(713b) Polymorph Selection By Continuous Crystallization
It is well known in batch crystallizer design that the polymorph distribution is governed by the induction time of the most stable form, and that in the limit of very long batch times the most stable polymorph is obtained. Continuous devices do not operate under a similar constraint. After an initial start-up phase, a continuous device can operate at a dynamically stable operating point indefinitely, regardless of the thermodynamic stability of the effluent crystals. Interestingly, essentially pure, thermodynamically metastable steady-states exist in systems in which the thermodynamically stable solid cannot nucleate and grow on the time scale of the crystallizer residence time. These conditions depend on design choices (such as solvent choice, temperature, residence time, feed supersaturation, etc.), and are therefore accessible in many systems. This concept has been formalized with the use of a bi-polymorph population balance model, the method of moments, and a linear stability analysis. The analysis gives simple functions of parameters (dimensionless groups) for which one can continuously produce thermodynamically metastable products based only on the relative polymorph dynamics.
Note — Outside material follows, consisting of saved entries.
-- ===== src/Bifurcation/Opening.antt =====
-- `AirlockBifurcation::open` of crates/trust-kernel/src/bifurcation.rs against a description that has
-- no cache and no state.
use spaceshuttle.Prelude.{
  ℕ, ◌≡◌, refl, sym, ap, ◌∙◌, List, Option, none, some, ◌==◌, not, ltb, if◌then◌else◌, inl, inr,
  Bool-cases, Option-cases, same_bytes, add64,
}
use spaceshuttle.Prelude.Text.{byte_len}
use spaceshuttle.Bifurcation.Types.{
  rank, EncryptedBlock, JisClaim, BifurcationResult, opened, access_denied, claim_invalid,
  integrity_failed, panicked,
}
use spaceshuttle.Bifurcation.Crypto.{Crypto}
use spaceshuttle.Bifurcation.KeyCache
use spaceshuttle.Bifurcation.KeyCache.{KeyCache, CachedKey, put-All, lookup-Found, is_for_iff}
use spaceshuttle.Bifurcation.Airlock.{
  AirlockBifurcation, Moment, bad_length, key_or_derive, checked, decrypted, open_block,
}
use spaceshuttle.Bifurcation.Keys.{own_key, IsOwn, IsSound}

module _ (c : Crypto) where
  -- A ciphertext whose tag verifies is opened if its plaintext has the recorded hash.
  unfoldable pub outcome : EncryptedBlock → JisClaim → Option (List ℕ) → BifurcationResult
  outcome block claim none = panicked
  outcome block claim (some plaintext) =
      if same_bytes (c.sha256 plaintext) block.plaintext_hash
      then opened plaintext claim.identity
      else integrity_failed block.plaintext_hash (c.sha256 plaintext)

  -- What the holder of the secret answers to a claim on a block.
  unfoldable pub verdict : List ℕ → EncryptedBlock → JisClaim → BifurcationResult
  unfolding outcome
  verdict secret block claim =
      if byte_len claim.identity == 0
      then claim_invalid "Empty identity in JIS claim"
      else if not (byte_len claim.ed25519_pub == 64)
      then claim_invalid (bad_length claim)
      else if ltb (rank claim.clearance) (rank block.required_clearance)
      then access_denied block.required_clearance claim.clearance claim.identity
      else outcome block claim (
          c.decrypt (own_key c secret block.ephemeral_pub block.block_index) block.nonce
            block.ciphertext)

  -- The key that `open` comes to, cached or derived.
  looked_up : AirlockBifurcation → EncryptedBlock → AirlockBifurcation × List ℕ
  unfolding key_or_derive KeyCache.get
  looked_up s block =
      key_or_derive c s block (KeyCache.get s.key_cache block.ephemeral_pub block.block_index)

  looked_up_key :
      (s : AirlockBifurcation) (block : EncryptedBlock)
      → IsSound c s
      → (looked_up s block).1 ≡ own_key c s.system_secret block.ephemeral_pub block.block_index
  unfolding looked_up
  looked_up_key s block h =
      elim (Option-cases
        (KeyCache.lookup s.key_cache.derived_keys block.ephemeral_pub block.block_index)) [
          | inl missed ↦ rw missed refl
          | inr (key, hit) ↦
              let (e, own, for, same) =
                lookup-Found (IsOwn c s.system_secret) s.key_cache.derived_keys block.ephemeral_pub
                  block.block_index key h.cached hit in
              let (index, ephemeral) = is_for_iff block.ephemeral_pub block.block_index e for in
              rw hit (sym same ∙ own ∙ rw (index, ephemeral) refl)
        ]

  looked_up-IsSound :
      (s : AirlockBifurcation) (block : EncryptedBlock)
      → IsSound c s
      → IsSound c (looked_up s block).0
  unfolding looked_up
  looked_up-IsSound s block h =
      elim (Option-cases
        (KeyCache.lookup s.key_cache.derived_keys block.ephemeral_pub block.block_index)) [
          | inl missed ↦ rw missed (record {
            own = h.own;
            cached =
                put-All (IsOwn c s.system_secret)
                  (record s.key_cache { misses = add64 s.key_cache.misses 1 }) block.ephemeral_pub
                  block.block_index _ refl h.cached;
            live = h.live;
          })
          | inr (key, hit) ↦ rw hit (record { own = h.own; cached = h.cached; live = h.live })
        ]

  checked-outcome :
      (s : AirlockBifurcation) (m : Moment) (block : EncryptedBlock) (claim : JisClaim)
      (o : Option (List ℕ))
      → (checked c s m block claim o).1 ≡ outcome block claim o
  unfolding checked outcome
  checked-outcome s m block claim none = refl
  checked-outcome s m block claim (some plaintext) =
      elim (Bool-cases (same_bytes (c.sha256 plaintext) block.plaintext_hash)) [
        | inl h ↦ rw h refl
        | inr h ↦ rw h refl
      ]

  -- On a sound airlock, `open` answers what the holder of the secret answers with no cache at all,
  -- on every path: an empty identity, a key of the wrong length, a denial, a tag that does not
  -- verify (a panic), a failed integrity check and success.
  pub open_block-verdict :
      (s : AirlockBifurcation) (m : Moment) (block : EncryptedBlock) (claim : JisClaim)
      → IsSound c s
      → (open_block c s m block claim).1 ≡ verdict s.system_secret block claim
  unfolding open_block verdict decrypted looked_up
  open_block-verdict s m block claim h = elim (Bool-cases (byte_len claim.identity == 0)) [
    | inl a ↦ rw a refl
    | inr a ↦ elim (Bool-cases (not (byte_len claim.ed25519_pub == 64))) [
      | inl b ↦ rw (a, b) refl
      | inr b ↦ elim (Bool-cases (ltb (rank claim.clearance) (rank block.required_clearance))) [
        | inl d ↦ rw (a, b, d) refl
        | inr d ↦
            rw (a, b, d)
              (checked-outcome (looked_up s block).0 m block claim _
                ∙ ap (λ key. outcome block claim (c.decrypt key block.nonce block.ciphertext))
                    (looked_up_key s block h))
      ]
    ]
  ]

  checked-IsSound :
      (s : AirlockBifurcation) (m : Moment) (block : EncryptedBlock) (claim : JisClaim)
      (o : Option (List ℕ))
      → IsSound c s
      → IsSound c (checked c s m block claim o).0
        × ((checked c s m block claim o).0.system_secret ≡ s.system_secret)
  unfolding checked
  checked-IsSound s m block claim none h = (h, refl)
  checked-IsSound s m block claim (some plaintext) h =
      elim (Bool-cases (same_bytes (c.sha256 plaintext) block.plaintext_hash)) [
        | inl e ↦ rw e (record { own = h.own; cached = h.cached; live = h.live }, refl)
        | inr e ↦ rw e (record { own = h.own; cached = h.cached; live = h.live }, refl)
      ]

  looked_up_secret :
      (s : AirlockBifurcation) (block : EncryptedBlock)
      → (looked_up s block).0.system_secret ≡ s.system_secret
  unfolding looked_up
  looked_up_secret s block =
      elim (Option-cases
        (KeyCache.lookup s.key_cache.derived_keys block.ephemeral_pub block.block_index)) [
          | inl missed ↦ rw missed refl
          | inr (key, hit) ↦ rw hit refl
        ]

  -- Opening keeps the keys sound and the secret as it is.
  pub open_block-IsSound :
      (s : AirlockBifurcation) (m : Moment) (block : EncryptedBlock) (claim : JisClaim)
      → IsSound c s
      → IsSound c (open_block c s m block claim).0
        × ((open_block c s m block claim).0.system_secret ≡ s.system_secret)
  unfolding open_block decrypted looked_up
  open_block-IsSound s m block claim h = elim (Bool-cases (byte_len claim.identity == 0)) [
    | inl a ↦ rw a (record { own = h.own; cached = h.cached; live = h.live }, refl)
    | inr a ↦ elim (Bool-cases (not (byte_len claim.ed25519_pub == 64))) [
      | inl b ↦ rw (a, b) (record { own = h.own; cached = h.cached; live = h.live }, refl)
      | inr b ↦ elim (Bool-cases (ltb (rank claim.clearance) (rank block.required_clearance))) [
        | inl d ↦ rw (a, b, d) (record { own = h.own; cached = h.cached; live = h.live }, refl)
        | inr d ↦
            let (sound, kept) =
              checked-IsSound (looked_up s block).0 m block claim
                (c.decrypt (looked_up s block).1 block.nonce block.ciphertext)
                (looked_up-IsSound s block h) in
            rw (a, b, d) (sound, kept ∙ looked_up_secret s block)
      ]
    ]
  ]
This work was motivated by the remarkable experiments recently reported by Lai, Trout, and Myerson et al  on continuous crystallization in the L-glutamic acid system. We demonstrate agreement with their L-glutamic acid results as well as another set of data describing the continuous crystallization of p-aminobenzoic acid . For many polymorphic compounds, engineering a process to produce a desired polymorph is as simple as finding a reasonable operating point for the continuous mixed-suspension mixed-product removal crystallization process (temperature, residence time, initial supersaturation, etc.).
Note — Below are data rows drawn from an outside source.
-- ===== src/Bifurcation/Batch.antt =====
-- crates/trust-kernel/src/bifurcation.rs: `seal_batch` and `open_batch`. The blocks of a batch are worked on
-- in parallel without shared state, so a list in their order stands for them; durations are left out.
use spaceshuttle.Prelude.{
  ℕ, suc, List, [], ◌∷◌, map, Option, none, some, String, ◌||◌, not, ◌==◌, ltb, if◌then◌else◌,
  length, add64, same_bytes,
}
use spaceshuttle.Prelude.Text.{byte_len}
use spaceshuttle.Bifurcation.Types.{ClearanceLevel, rank, JisClaim, EncryptedBlock}
use spaceshuttle.Bifurcation.Crypto.{Crypto, hkdf_derive_block_key}
use spaceshuttle.Bifurcation.KeyCache
use spaceshuttle.Bifurcation.KeyCache.{KeyCache}
use spaceshuttle.Bifurcation.Session.{SessionKey}
use spaceshuttle.Bifurcation.Airlock.{AirlockBifurcation, Moment, current_session, encrypted}

pub record BatchOpenResult : Type 0 where
  pub plaintexts : List (List ℕ)
  pub denied : ℕ

-- What opening one block of a batch comes to; without a valid tag the code panics.
pub data Opened : Type 0 where
  plain : List ℕ → Opened
  was_denied : Opened
  bad_hash : Opened
  tag_failed : Opened

module _ (c : Crypto) where
  -- `seal_one` over the plaintexts, each with the moment at which it is sealed.
  unfoldable pub seal_all :
      SessionKey → ClearanceLevel → String → ℕ → List (List ℕ × Moment) → List EncryptedBlock
  unfolding hkdf_derive_block_key encrypted
  seal_all session level by block_index [] = []
  seal_all session level by block_index (item ∷ items) =
      encrypted c item.1 item.0 block_index level by session.ephemeral_pub
        (hkdf_derive_block_key c session.shared_secret block_index)
      ∷ seal_all session level by (suc block_index) items

  -- The keys of the blocks are put into the cache.
  unfoldable pub cache_all : List ℕ → KeyCache → List EncryptedBlock → KeyCache
  unfolding hkdf_derive_block_key KeyCache.put
  cache_all shared cache [] = cache
  cache_all shared cache (block ∷ blocks) =
      cache_all shared
        (KeyCache.put cache block.ephemeral_pub block.block_index
          (hkdf_derive_block_key c shared block.block_index))
        blocks

  -- `m` is the moment of a new session. The session is checked once, for the whole batch.
  unfoldable pub seal_batch :
      AirlockBifurcation
      → Moment
      → List (List ℕ × Moment)
      → ClearanceLevel
      → String
      → AirlockBifurcation × List EncryptedBlock
  unfolding current_session seal_all cache_all
  seal_batch s m items level by =
      let session = current_session c s.session s m in
      let blocks = seal_all session level by 0 items in
      let count = length blocks in
      (
        record s {
          stats = record s.stats { blocks_sealed = add64 s.stats.blocks_sealed count };
          session = some (record session { blocks_sealed = add64 session.blocks_sealed count });
          key_cache = cache_all session.shared_secret s.key_cache blocks;
        },
        blocks,
      )

  -- The keys that the cache has, in order, and the cache with its counters.
  unfoldable pub cached_keys :
      KeyCache → List EncryptedBlock → KeyCache × List (EncryptedBlock × Option (List ℕ))
  unfolding KeyCache.get
  cached_keys cache [] = (cache, [])
  cached_keys cache (block ∷ blocks) =
      let (cache', key) = KeyCache.get cache block.ephemeral_pub block.block_index in
      let (cache'', keyed) = cached_keys cache' blocks in (cache'', (block, key) ∷ keyed)

  unfoldable pub batch_key : List ℕ → EncryptedBlock → Option (List ℕ) → List ℕ
  unfolding hkdf_derive_block_key
  batch_key system_secret block (some key) = key
  batch_key system_secret block none =
      hkdf_derive_block_key c (c.diffie_hellman system_secret block.ephemeral_pub) block.block_index

  unfoldable pub check_hash : EncryptedBlock → Option (List ℕ) → Opened
  check_hash block none = tag_failed
  check_hash block (some plaintext) =
      if same_bytes (c.sha256 plaintext) block.plaintext_hash then plain plaintext else bad_hash

  unfoldable pub open_item : List ℕ → JisClaim → EncryptedBlock × Option (List ℕ) → Opened
  unfolding batch_key check_hash
  open_item system_secret claim (block, cached_key) =
      if ltb (rank claim.clearance) (rank block.required_clearance)
      then was_denied
      else check_hash block
          (c.decrypt (batch_key system_secret block cached_key) block.nonce block.ciphertext)

  -- The plaintexts and the denials of a batch; one failed tag makes the whole call panic.
  unfoldable pub collect : List Opened → Option BatchOpenResult
  collect [] = some (record { plaintexts = []; denied = 0 })
  collect (result ∷ results) = add_result result (collect results)
    where
      add_result : Opened → Option BatchOpenResult → Option BatchOpenResult
      add_result tag_failed others = none
      add_result (plain _) none = none
      add_result (plain plaintext) (some others) =
          some (record others { plaintexts = plaintext ∷ others.plaintexts })
      add_result was_denied none = none
      add_result was_denied (some others) = some (record others { denied = suc others.denied })
      add_result bad_hash others = others

  abbrev pub batch_opened :
      AirlockBifurcation → Option BatchOpenResult → AirlockBifurcation × Option BatchOpenResult
  batch_opened s none = (s, none)
  batch_opened s (some result) = (
    record s {
      stats = record s.stats {
        blocks_opened = add64 s.stats.blocks_opened (length result.plaintexts);
        access_denied = add64 s.stats.access_denied result.denied;
      };
    },
    some result,
  )

  -- A claim without identity or with a key of the wrong length is denied every block. Without a result
  -- the call has panicked.
  unfoldable pub open_batch :
      AirlockBifurcation
      → List EncryptedBlock
      → JisClaim
      → AirlockBifurcation × Option BatchOpenResult
  unfolding cached_keys open_item collect
  open_batch s blocks claim =
      if (byte_len claim.identity == 0) || not (byte_len claim.ed25519_pub == 64)
      then (s, some (record { plaintexts = []; denied = length blocks }))
      else let (cache, keyed) = cached_keys s.key_cache blocks in
        batch_opened (record s { key_cache = cache })
          (collect (map (open_item s.system_secret claim) keyed))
 Lai, T. T. C., Ferguson, S., Palmer, L., Trout, B. L., & Myerson, A. S. (2014). Continuous Crystallization and Polymorph Dynamics in the l-Glutamic Acid System. Organic Process Research & Development, 18(11), 1382-1390.
 Lai, T. T. C., Cornevin, J., Ferguson, S., Li, N., Trout, B. L., & Myerson, A. S. (2015). Control of Polymorphism in Continuous Crystallization via Mixed Suspension Mixed Product Removal Systems Cascade Design. Crystal Growth & Design, 15(7), 3374-3382.